▼

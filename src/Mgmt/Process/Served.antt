-- ===== src/Mgmt/Process/Served.antt =====
-- What each command of the management protocol does, by the map of the users and the values of the
-- configuration, and `process_request` of src/mgmt.c against it.
use tpe2026c1_socks.Users.Table
use tpe2026c1_socks.Buffer.Bounds
use tpe2026c1_socks.Buffer.{Buffer}
use tpe2026c1_socks.Config.{ProxyConfig, config_max_buffer, config_min_buffer}
use tpe2026c1_socks.Mgmt.Bytes.{config_bytes, header, metrics_bytes}
use tpe2026c1_socks.Mgmt.ListUsers.{list_bytes}
use tpe2026c1_socks.Mgmt.Parse.{MgmtReq}
use tpe2026c1_socks.Mgmt.Process.{
  Shared, add_status, clamp_buffer, del_status, process_request, set_config,
}
use tpe2026c1_socks.Mgmt.Process.Answer.{Answered, answer, effect, process_request_lem, status}
use tpe2026c1_socks.Prelude.{
  All, Bool, Bool-cases, Bytes, List, ==_iff, ap, arith, if◌then◌else◌, inl, inr, none, refl, some,
  true, ℕ, ◌+◌, ◌<◌, ◌==◌, ◌↔◌, ◌≡◌, ◌≢◌, ◌≤◌, ◌⊎◌, false, not, ◌&&◌,
}
use tpe2026c1_socks.Prelude.Text.{str_eq}
use tpe2026c1_socks.Smp.{
  smp_cfg_auth_required, smp_cfg_conn_timeout, smp_cfg_io_buffer_size, smp_cmd_add_user,
  smp_cmd_del_user, smp_cmd_get_config, smp_cmd_list_users, smp_cmd_metrics, smp_cmd_set_config,
  smp_invalid_arguments, smp_ok, smp_unknown_command, smp_user_limit_reached, smp_user_not_found,
}
use tpe2026c1_socks.Users.{
  User, UsersResult, already_exists, users_add, users_del, users_full, users_invalid,
  users_not_found, users_ok, valid_field,
}
use tpe2026c1_socks.Users.Map.{password}
use tpe2026c1_socks.Users.Names.{names}
use tpe2026c1_socks.Users.Operations.{Added, users_add_lem, users_del_lem}
use tpe2026c1_socks.Users.Table.{Fits}

-- ADD_USER: the name gets the password and no other name changes; or the table is full and has no
-- such name; or a field has not 1 to 255 bytes.
pub data Adds (db : List User) (u w : Bytes) (db' : List User) (st : ℕ) : Type 0 where
  added :
      st ≡ smp_ok
      → ((m : Bytes) → password db' m ≡ (if str_eq u m then some w else password db m))
      → Adds db u w db' st
  full :
      st ≡ smp_user_limit_reached
      → db' ≡ db
      → password db u ≡ none
      → All (λ e. e.used ≡ true) db
      → Adds db u w db' st
  unfit : st ≡ smp_invalid_arguments → db' ≡ db → ((Fits u × Fits w) → ⊥) → Adds db u w db' st

-- DEL_USER: the name is taken from the map, or it was not there.
pub data Deletes (db : List User) (u : Bytes) (db' : List User) (st : ℕ) : Type 0 where
  deleted :
      st ≡ smp_ok
      → password db u ≢ none
      → ((m : Bytes) → password db' m ≡ (if str_eq u m then none else password db m))
      → Deletes db u db' st
  missing : st ≡ smp_user_not_found → db' ≡ db → password db u ≡ none → Deletes db u db' st

-- SET_CONFIG: one value changes; the size of the buffers is the one asked for, or the nearest limit.
pub data Sets (cfg : ProxyConfig) (r : MgmtReq) (cfg' : ProxyConfig) (st : ℕ) : Type 0 where
  sets_size :
      (n : ℕ)
      → r.key ≡ smp_cfg_io_buffer_size
      → st ≡ smp_ok
      → ((r.u32 < config_min_buffer) × (n ≡ config_min_buffer))
        ⊎ (((config_max_buffer < r.u32) × (n ≡ config_max_buffer))
            ⊎ ((config_min_buffer ≤ r.u32) × (r.u32 ≤ config_max_buffer) × (n ≡ r.u32)))
      → cfg' ≡ record cfg { io_buffer_size = n }
      → Sets cfg r cfg' st
  sets_timeout :
      r.key ≡ smp_cfg_conn_timeout
      → st ≡ smp_ok
      → cfg' ≡ record cfg { conn_timeout_secs = r.u32 }
      → Sets cfg r cfg' st
  sets_auth :
      (b : Bool)
      → r.key ≡ smp_cfg_auth_required
      → st ≡ smp_ok
      → (b ≡ false) ↔ (r.u8 ≡ 0)
      → cfg' ≡ record cfg { auth_required = b }
      → Sets cfg r cfg' st
  bad_key :
      r.key ≢ smp_cfg_io_buffer_size
      → r.key ≢ smp_cfg_conn_timeout
      → r.key ≢ smp_cfg_auth_required
      → st ≡ smp_invalid_arguments
      → cfg' ≡ cfg
      → Sets cfg r cfg' st

-- A request of each command: the globals `g'` that it leaves, and the bytes `bs` of its answer.
pub data Processed (g : Shared) (r : MgmtReq) (g' : Shared) (bs : Bytes) : Type 0 where
  tells_metrics :
      r.cmd ≡ smp_cmd_metrics → g' ≡ g → bs ≡ metrics_bytes g.metrics g.users → Processed g r g' bs
  tells_config :
      r.cmd ≡ smp_cmd_get_config → g' ≡ g → bs ≡ config_bytes g.config → Processed g r g' bs
  tells_users :
      r.cmd ≡ smp_cmd_list_users → g' ≡ g → bs ≡ list_bytes (names g.users) → Processed g r g' bs
  adds :
      (db : List User) (st : ℕ)
      → r.cmd ≡ smp_cmd_add_user
      → g' ≡ record g { users = db }
      → bs ≡ header r.cmd st 0
      → Adds g.users r.user r.pass db st
      → Processed g r g' bs
  deletes :
      (db : List User) (st : ℕ)
      → r.cmd ≡ smp_cmd_del_user
      → g' ≡ record g { users = db }
      → bs ≡ header r.cmd st 0
      → Deletes g.users r.user db st
      → Processed g r g' bs
  sets :
      (cfg : ProxyConfig) (st : ℕ)
      → r.cmd ≡ smp_cmd_set_config
      → g' ≡ record g { config = cfg }
      → bs ≡ header r.cmd st 0
      → Sets g.config r cfg st
      → Processed g r g' bs
  not_known :
      ((r.cmd ≢ smp_cmd_metrics)
        × (r.cmd ≢ smp_cmd_get_config)
        × (r.cmd ≢ smp_cmd_list_users)
        × (r.cmd ≢ smp_cmd_add_user)
        × (r.cmd ≢ smp_cmd_del_user)
        × (r.cmd ≢ smp_cmd_set_config))
      → g' ≡ g
      → bs ≡ header r.cmd smp_unknown_command 0
      → Processed g r g' bs

by_result :
    (db : List User) (u w : Bytes) (r : UsersResult × List User)
    → Added db u w r
    → Adds db u w r.1 (add_status r.0)
by_result db u w (users_ok, db') h = added refl h
by_result db u w (users_full, db') h = full refl h.0 h.1 h.2
by_result db u w (already_exists, db') h = absurd h
by_result db u w (users_not_found, db') h = absurd h
by_result db u w (users_invalid, db') h = absurd h

refused_fields :
    (u w : Bytes)
    → (valid_field (some u) 255 && valid_field (some w) 255) ≡ false
    → (Fits u × Fits w)
    → ⊥
unfolding valid_field
refused_fields u w e (a, b) = ground (arith, e, a, b)

users_add-Adds :
    (db : List User) (u w : Bytes)
    → Table.IsValid db
    → Adds db u w (users_add db (some u) (some w)).1 (add_status (users_add db (some u) (some w)).0)
users_add-Adds db u w v = elim (users_add_lem db (some u) (some w) v).1 [
  | inl (e, bad) ↦ rw e (unfit refl refl (refused_fields u w bad))
  | inr (hu, hw, a) ↦ by_result db u w (users_add db (some u) (some w)) a
]

users_del-Deletes :
    (db : List User) (u : Bytes)
    → Table.IsValid db
    → Deletes db u (users_del db (some u)).1 (del_status (users_del db (some u)).0)
users_del-Deletes db u v = elim (users_del_lem db u v).1 [
  | inl (e, gone) ↦ rw e (missing refl refl gone)
  | inr (e, there, m) ↦ deleted (ap del_status e) there m
]

set_config-Sets :
    (cfg : ProxyConfig) (r : MgmtReq) → Sets cfg r (set_config cfg r).1 (set_config cfg r).0
unfolding set_config clamp_buffer
set_config-Sets cfg r = elim (Bool-cases (r.key == smp_cfg_io_buffer_size)) [
  | inl t ↦
      rw (t) (sets_size _ ((==_iff r.key smp_cfg_io_buffer_size).0 t) refl (ground arith) refl)
  | inr t0 ↦ elim (Bool-cases (r.key == smp_cfg_conn_timeout)) [
    | inl t ↦ rw (t0, t) (sets_timeout ((==_iff r.key smp_cfg_conn_timeout).0 t) refl refl)
    | inr t1 ↦ elim (Bool-cases (r.key == smp_cfg_auth_required)) [
      | inl t ↦
          rw (t0, t1, t)
            (sets_auth (not (r.u8 == 0)) ((==_iff r.key smp_cfg_auth_required).0 t) refl
              (ground arith) refl)
      | inr t2 ↦
          rw (t0, t1, t2)
            (bad_key (ground (arith, t0)) (ground (arith, t1)) (ground (arith, t2)) refl refl)
    ]
  ]
]

answer-Processed :
    (g : Shared) (r : MgmtReq) → Table.IsValid g.users → Processed g r (effect g r) (answer g r)
unfolding effect answer status
answer-Processed g r v = elim (Bool-cases (r.cmd == smp_cmd_metrics)) [
  | inl t ↦
      let e : r.cmd ≡ smp_cmd_metrics = (==_iff r.cmd smp_cmd_metrics).0 t in
      tells_metrics e (ground (arith, e)) (rw t refl)
  | inr t0 ↦ elim (Bool-cases (r.cmd == smp_cmd_get_config)) [
    | inl t ↦
        let e : r.cmd ≡ smp_cmd_get_config = (==_iff r.cmd smp_cmd_get_config).0 t in
        tells_config e (ground (arith, e)) (rw (t0, t) refl)
    | inr t1 ↦ elim (Bool-cases (r.cmd == smp_cmd_list_users)) [
      | inl t ↦
          let e : r.cmd ≡ smp_cmd_list_users = (==_iff r.cmd smp_cmd_list_users).0 t in
          tells_users e (ground (arith, e)) (rw (t0, t1, t) refl)
      | inr t2 ↦ elim (Bool-cases (r.cmd == smp_cmd_add_user)) [
        | inl t ↦
            rw (t0, t1, t2, t)
              (adds _ _ ((==_iff r.cmd smp_cmd_add_user).0 t) refl refl
                (users_add-Adds g.users r.user r.pass v))
        | inr t3 ↦ elim (Bool-cases (r.cmd == smp_cmd_del_user)) [
          | inl t ↦
              rw (t0, t1, t2, t3, t)
                (deletes _ _ ((==_iff r.cmd smp_cmd_del_user).0 t) refl refl
                  (users_del-Deletes g.users r.user v))
          | inr t4 ↦ elim (Bool-cases (r.cmd == smp_cmd_set_config)) [
            | inl t ↦
                rw (t0, t1, t2, t3, t4, t)
                  (sets _ _ ((==_iff r.cmd smp_cmd_set_config).0 t) refl refl
                    (set_config-Sets g.config r))
            | inr t5 ↦
                rw (t0, t1, t2, t3, t4, t5)
                  (not_known
                    (
                      ground (arith, t0),
                      ground (arith, t1),
                      ground (arith, t2),
                      ground (arith, t3),
                      ground (arith, t4),
                      ground (arith, t5),
                    )
                    refl refl)
          ]
        ]
      ]
    ]
  ]
]

-- On a valid table of users and with room for the largest response, `process_request` does not
-- abort. METRICS, GET_CONFIG and LIST_USERS change nothing and append their data. ADD_USER maps the
-- name to the password and keeps every other name, or reports that every entry is used, or that a
-- field has not 1 to 255 bytes, and then changes nothing; DEL_USER takes the name out of the map or
-- reports that it is not there; SET_CONFIG sets one value, the size of the buffers held between its
-- limits, or refuses the key. Another command changes nothing and is answered as unknown.
pub process_request-Processed :
    (g : Shared) (b : Buffer) (r : MgmtReq)
    → Table.IsValid g.users
    → Bounds.IsValid b
    → b.write + 16391 ≤ b.limit
    → (g' : Shared) × (bs : Bytes) × Answered g' b bs (process_request g b r) × Processed g r g' bs
process_request-Processed g b r vu vb room =
    (effect g r, answer g r, process_request_lem g b r vu vb room, answer-Processed g r vu)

▲

Count how many of the lines in the material include the word "IsValid", and state that number without anything else.

▶ **Result below**:
5